-- Data provided --

-- ===== src/RegionFile/Load.antt =====
-- A region that is read back: after the fall of the process that wrote it, and what cannot be.
use persimmon.Base.{
  ℕ, ◌+◌, ◌-◌, ◌≤◌, ◌<◌, ◌≡◌, refl, ap, ◌∙◌, Bool, true, false, some, word, Memory, inside, fill,
  store, arith,
}
use persimmon.Region.{Region}
use persimmon.RegionFile.{File, persist_region, ok, failed, LoadCalls, load_region, eagain}
use persimmon.RegionFile.Persist.{results, IsKernel, persist_region-copies}

-- All the calls succeed, and the read gets `nread` bytes.
abbrev pub loads : ℕ → LoadCalls
loads nread = record {
  mapped = true;
  open_error = 0;
  read_error = 0;
  nread = nread;
  close_error = 0;
}

pub load_region-ok :
    (f : File) (r : Region) (m : Memory)
    → load_region (loads r.size) f r m ≡ ok (store (fill m r.base r.size 0) r.base r.size f.bytes)
unfolding load_region
load_region-ok f r m = ground arith

-- A region that `persist_region` has written, in whatever pieces, is read back into another memory: there
-- the bytes of the region are those of the memory that was persisted, and the others are left alone.
-- This is so if the calls of the system succeed, and one read gets all the bytes.
pub persist_region-load_region :
    (kernel : ℕ → ℕ) (file_synced : Bool) (m m' : Memory) (r : Region)
    → IsKernel kernel
    → r.base + r.size < word
    → (f : File) × (loaded : Memory) × (persist_region
          (record {
            opened = true;
            written = results kernel r.size r.size;
            file_synced = file_synced;
            directory_synced = true;
          })
          m
          r.base
          r.size
        ≡ some (true, some f))
      × (load_region (loads r.size) f r m' ≡ ok loaded)
      × ((x : ℕ) → inside r.base r.size x ≡ true → loaded x ≡ m x)
      × ((x : ℕ) → inside r.base r.size x ≡ false → loaded x ≡ m' x)
unfolding store fill
persist_region-load_region kernel file_synced m m' r k b =
    let (f, e, size, bytes, synced) =
      persist_region-copies kernel file_synced true m r.base r.size k b in
    (
      f,
      store (fill m' r.base r.size 0) r.base r.size f.bytes,
      e,
      load_region-ok f r m',
      (λ x i.
          let at : r.base + (x - r.base) ≡ x = ground arith in
          rw i (bytes (x - r.base) (ground arith) ∙ ap m at)),
      (λ x o. rw o refl),
    )

-- The bytes that one read transfers at most, by the documentation of read(2).
abbrev pub max_read : ℕ
max_read = 2147479552

-- A region of more bytes than one read transfers is written, since `persist_region` loops over its
-- writes, but never read back: the only read of `map_recovered_regions` gets less than the region, which is an
-- error.
pub load_region-too_large :
    (kernel : ℕ → ℕ) (m m' : Memory) (r : Region) (nread : ℕ)
    → IsKernel kernel
    → r.base + r.size < word
    → max_read < r.size
    → nread ≤ max_read
    → (f : File) × (persist_region
          (record {
            opened = true;
            written = results kernel r.size r.size;
            file_synced = true;
            directory_synced = true;
          })
          m
          r.base
          r.size
        ≡ some (true, some f))
      × (load_region (loads nread) f r m' ≡ failed eagain)
unfolding load_region
load_region-too_large kernel m m' r nread k b large short =
    let (f, e, size, bytes, synced) = persist_region-copies kernel true true m r.base r.size k b in
    (f, e, ground arith)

-- What you need to do --
Word for word, set down the lines from the beginning of the records through the line that holds "another memory: there". Leave out the rest.

-- Your response --
-- ===== src/RegionFile/Load.antt =====
-- A region that is read back: after the fall of the process that wrote it, and what cannot be.
use persimmon.Base.{
  ℕ, ◌+◌, ◌-◌, ◌≤◌, ◌<◌, ◌≡◌, refl, ap, ◌∙◌, Bool, true, false, some, word, Memory, inside, fill,
  store, arith,
}
use persimmon.Region.{Region}
use persimmon.RegionFile.{File, persist_region, ok, failed, LoadCalls, load_region, eagain}
use persimmon.RegionFile.Persist.{results, IsKernel, persist_region-copies}

-- All the calls succeed, and the read gets `nread` bytes.
abbrev pub loads : ℕ → LoadCalls
loads nread = record {
  mapped = true;
  open_error = 0;
  read_error = 0;
  nread = nread;
  close_error = 0;
}

pub load_region-ok :
    (f : File) (r : Region) (m : Memory)
    → load_region (loads r.size) f r m ≡ ok (store (fill m r.base r.size 0) r.base r.size f.bytes)
unfolding load_region
load_region-ok f r m = ground arith

-- A region that `persist_region` has written, in whatever pieces, is read back into another memory: there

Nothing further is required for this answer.